A smart ride-hailing tax can accomplish a number of important goals, from reducing congestion and associated climate-warming emissions to addressing transportation inequities that afflict residents in poorer neighborhoods. Such a tax would have two basic policy requirements. First, ride-hailing services should be forced to give cities their ridership data regularly. Fresh-flowing data allows for audit compliance and ongoing policy improvements in real-time. The second basic requirement is to make sure some of the taxes, fees, and surcharges are placed on the ride-hailing firms in a way that cannot be easily passed down to the company’s drivers, who deserve our support.
In addition, here are six ideas to help ensure the full-benefits of a tiered ride-hailing tax and address the most likely downsides:
- Give the deepest tax discount to services that function more like buses: A service like Uber ExpressPool has the most benefits of traditional carpooling, plus it reduces vehicle miles traveled because people have to walk a block or two to get picked up and dropped off. Also, it helps address the problem of “deadheading”—circling empty ride-hailing cars.
- Require a carpool option: While ride-hailing services operate in most larger cities, not all of them offer a pool option: Ride-hailing firms should be required to offer a carpool option or pay an empty-seat fee.
- Charge cars that fail to meet efficiency standards: The Obama Administration introduced a set of gas mileage regulations that they forecasted would produce savings comparable to lowering the price of gas by $1 per gallon by 2025. Trump rolled back these goals—but cities can help bring them back, at least in part. It can be levied in the form of an annual fee on the ride-hailing companies, on the fleet miles driven by dirty cars.
- Use taxes to ensure equitable 24-hour citywide coverage: The ride-hailing industry’s equity record is somewhat mixed. A recent UCLA study showed that Lyft was providing mobility for car-less residents in lower-income parts of Los Angeles. But Via, the full-time carpooling company, was recently exposed for refusing to pick up and drop off in some Washington, D.C., neighborhoods. Cities should require companies to serve areas with scant public transit and fine companies that fail to comply. These areas are often already public transit deserts, or places where the working poor spend too much of their income on commuting. Cities should also require firms to provide 24-hour coverage and ensure ride-hailing adequately serves vulnerable older residents and people with disabilities. There are good examples of such programs in Boston.

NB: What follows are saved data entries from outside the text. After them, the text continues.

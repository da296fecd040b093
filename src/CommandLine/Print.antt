-- ===== src/CommandLine/Print.antt =====
-- Options written out as arguments.
use castle_plus.Prelude.{
  ℕ, ◌%◌, ◌^◌, ◌<◌, ◌≤◌, ◌≡◌, refl, sym, ap, ◌∙◌, List, [], ◌∷◌, Option, none, some, Bytes, codes,
  equal, arith,
}
use castle_plus.Prelude.Decimal.{decimal, strtol, strtol-decimal}
use castle_plus.Prelude.Int.{pos, to_int, to_int-pos}
use castle_plus.CommandLine.{Options, set_from, long_max, set_option, parse_args}

-- The options, with the two timeouts as plain numbers.
abbrev pub show_options : Options → ℕ → ℕ → List Bytes
show_options o timeout net_check =
    codes "--port"
    ∷ decimal o.port
    ∷ codes "--bind"
    ∷ o.bind_addr
    ∷ codes "--threads"
    ∷ decimal o.threads
    ∷ codes "--control"
    ∷ o.control_path
    ∷ codes "--services"
    ∷ o.services_path
    ∷ codes "--routes"
    ∷ o.routes_path
    ∷ codes "--timeout"
    ∷ decimal timeout
    ∷ codes "--tls-cert"
    ∷ o.tls_cert
    ∷ codes "--tls-key"
    ∷ o.tls_key
    ∷ codes "--max-body"
    ∷ decimal o.max_body
    ∷ codes "--log-file"
    ∷ o.log_file
    ∷ codes "--max-conn"
    ∷ decimal o.max_conn
    ∷ codes "--rate"
    ∷ decimal o.rate
    ∷ codes "--rate-burst"
    ∷ decimal o.rate_burst
    ∷ codes "--net-check"
    ∷ decimal net_check
    ∷ []

set_from-decimal :
    (low high n : ℕ) (set : ℕ → Options)
    → low ≤ n
    → n ≤ high
    → n < 2 ^ 63
    → set_from low high set (strtol (decimal n)) ≡ some (set n)
unfolding set_from
set_from-decimal low high n set l h k =
    ap (set_from low high set) (strtol-decimal n k) ∙ ground arith

parse_step :
    (arg value : Bytes) (rest : List Bytes) (o p : Options)
    → set_option arg value o ≡ some p
    → parse_args (arg ∷ value ∷ rest) o ≡ parse_args rest p
unfolding parse_args
parse_step arg value rest o p h =
    ap (λ (x : Option Options). elim x [ none ↦ none | some q ↦ parse_args rest q ]) h

-- The arguments of one option set its field.
abbrev Sets : Bytes → Bytes → Options → Options → Type 0
Sets arg value o p = (rest : List Bytes) → parse_args (arg ∷ value ∷ rest) o ≡ parse_args rest p

set_port :
    (n : ℕ) (o : Options)
    → 1 ≤ n
    → n ≤ 65535
    → Sets (codes "--port") (decimal n) o (record o { port = n })
unfolding set_option equal
set_port n o l h rest =
    parse_step (codes "--port") (decimal n) rest o (record o { port = n })
      (set_from-decimal 1 65535 n (λ n. record o { port = n }) l h (omega arith))

set_threads :
    (n : ℕ) (o : Options)
    → n < 2 ^ 32
    → Sets (codes "--threads") (decimal n) o (record o { threads = n })
unfolding set_option equal
set_threads n o h rest =
    let e : n % 2 ^ 32 ≡ n = omega arith in
    parse_step (codes "--threads") (decimal n) rest o (record o { threads = n })
      (set_from-decimal 0 long_max n (λ n. record o { threads = n % 2 ^ 32 }) (omega arith)
          (omega arith) (omega arith)
        ∙ ap (λ n. some (record o { threads = n })) e)

set_timeout_sec :
    (n : ℕ) (o : Options)
    → n < 2 ^ 31
    → Sets (codes "--timeout") (decimal n) o (record o { timeout_sec = pos n })
unfolding set_option equal
set_timeout_sec n o h rest =
    parse_step (codes "--timeout") (decimal n) rest o (record o { timeout_sec = pos n })
      (set_from-decimal 0 long_max n (λ n. record o { timeout_sec = to_int (pos n) }) (omega arith)
          (omega arith) (omega arith)
        ∙ ap (λ z. some (record o { timeout_sec = z })) (to_int-pos n h))

set_net_check_sec :
    (n : ℕ) (o : Options)
    → n < 2 ^ 31
    → Sets (codes "--net-check") (decimal n) o (record o { net_check_sec = pos n })
unfolding set_option equal
set_net_check_sec n o h rest =
    parse_step (codes "--net-check") (decimal n) rest o (record o { net_check_sec = pos n })
      (set_from-decimal 0 long_max n (λ n. record o { net_check_sec = to_int (pos n) })
          (omega arith) (omega arith) (omega arith)
        ∙ ap (λ z. some (record o { net_check_sec = z })) (to_int-pos n h))

-- The amounts, which are kept as they are read.
set_amount :
    (arg : Bytes) (n : ℕ) (o : Options) (set : ℕ → Options)
    → ((value : Bytes) → set_option arg value o ≡ set_from 0 long_max set (strtol value))
    → n < 2 ^ 63
    → Sets arg (decimal n) o (set n)
set_amount arg n o set e h rest =
    parse_step arg (decimal n) rest o (set n)
      (e (decimal n) ∙ set_from-decimal 0 long_max n set (omega arith) (omega arith) h)

-- A command line that spells every option out is read as those options, whatever the defaults are: the port
-- between 1 and 65535, the threads below 2 ^ 32, the two times below 2 ^ 31 and the amounts below 2 ^ 63.
pub parse_args-show_options :
    (o d : Options) (timeout net_check : ℕ)
    → o.timeout_sec ≡ pos timeout
    → o.net_check_sec ≡ pos net_check
    → (1 ≤ o.port) × (o.port ≤ 65535)
    → o.threads < 2 ^ 32
    → (timeout < 2 ^ 31) × (net_check < 2 ^ 31)
    → (o.max_body < 2 ^ 63) × (o.max_conn < 2 ^ 63) × (o.rate < 2 ^ 63) × (o.rate_burst < 2 ^ 63)
    → parse_args (show_options o timeout net_check) d ≡ some o
unfolding set_option equal parse_args
parse_args-show_options o d timeout net_check et en p t s a =
    let net : List Bytes = codes "--net-check" ∷ decimal net_check ∷ [] in
    let burst : List Bytes = codes "--rate-burst" ∷ decimal o.rate_burst ∷ net in
    let rate : List Bytes = codes "--rate" ∷ decimal o.rate ∷ burst in
    let conn : List Bytes = codes "--max-conn" ∷ decimal o.max_conn ∷ rate in
    let body : List Bytes =
      codes "--max-body" ∷ decimal o.max_body ∷ codes "--log-file" ∷ o.log_file ∷ conn in
    let time : List Bytes =
      codes "--timeout"
      ∷ decimal timeout
      ∷ codes "--tls-cert"
      ∷ o.tls_cert
      ∷ codes "--tls-key"
      ∷ o.tls_key
      ∷ body in
    let threads : List Bytes =
      codes "--threads"
      ∷ decimal o.threads
      ∷ codes "--control"
      ∷ o.control_path
      ∷ codes "--services"
      ∷ o.services_path
      ∷ codes "--routes"
      ∷ o.routes_path
      ∷ time in
    let d1 = record d { port = o.port; bind_addr = o.bind_addr } in
    let d2 = record d1 {
      threads = o.threads;
      control_path = o.control_path;
      services_path = o.services_path;
      routes_path = o.routes_path;
    } in
    let d3 = record d2 { timeout_sec = pos timeout; tls_cert = o.tls_cert; tls_key = o.tls_key } in
    let d4 = record d3 { max_body = o.max_body; log_file = o.log_file } in
    let d5 = record d4 { max_conn = o.max_conn } in
    let d6 = record d5 { rate = o.rate } in
    let d7 = record d6 { rate_burst = o.rate_burst } in
    set_port o.port d p.0 p.1 (codes "--bind" ∷ o.bind_addr ∷ threads)
    ∙ set_threads o.threads d1 t (
        codes "--control"
        ∷ o.control_path
        ∷ codes "--services"
        ∷ o.services_path
        ∷ codes "--routes"
        ∷ o.routes_path
        ∷ time)
    ∙ set_timeout_sec timeout d2 s.0
        (codes "--tls-cert" ∷ o.tls_cert ∷ codes "--tls-key" ∷ o.tls_key ∷ body)
    ∙ set_amount (codes "--max-body") o.max_body d3 (λ n. record d3 { max_body = n }) (λ v. refl)
        a.0 (codes "--log-file" ∷ o.log_file ∷ conn)
    ∙ set_amount (codes "--max-conn") o.max_conn d4 (λ n. record d4 { max_conn = n }) (λ v. refl)
        a.1 rate
    ∙ set_amount (codes "--rate") o.rate d5 (λ n. record d5 { rate = n }) (λ v. refl) a.2 burst
    ∙ set_amount (codes "--rate-burst") o.rate_burst d6 (λ n. record d6 { rate_burst = n })
        (λ v. refl) a.3 net
    ∙ set_net_check_sec net_check d7 s.1 []
    ∙ ap (λ z. some (record o { timeout_sec = z; net_check_sec = pos net_check })) (sym et)
    ∙ ap (λ z. some (record o { net_check_sec = z })) (sym en)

- Reward ride-hailing firms for providing transit first- and last-mile services: We can take lessons from cities like Los Angeles, Philadelphia, and Oakland, where they partner with TNCs firms to pick up transit riders at stops to provide them a discounted ride for the last mile.
- Keep key streets unblocked: To prevent congestion triggered by ride-hailing vehicles that block travel lanes while picking up and dropping off passengers, cities need to rethink how they manage their curb space: That should involve creating dedicated drop-off zones that TNCs can pay an annual fee to access. Cities already do this for hotels check-in and -out loading zones.
There are many restrictions facing cities in their efforts to regulate issues like carbon emission and traffic congestion. Most American cities lack the local authority to close coal plants or toll local freeways. But with ride-hailing services, many cities do have the legal ability to establish taxes and regulations, either on their own or in partnership with state legislature. Cities need to assert that authority—before it’s too late.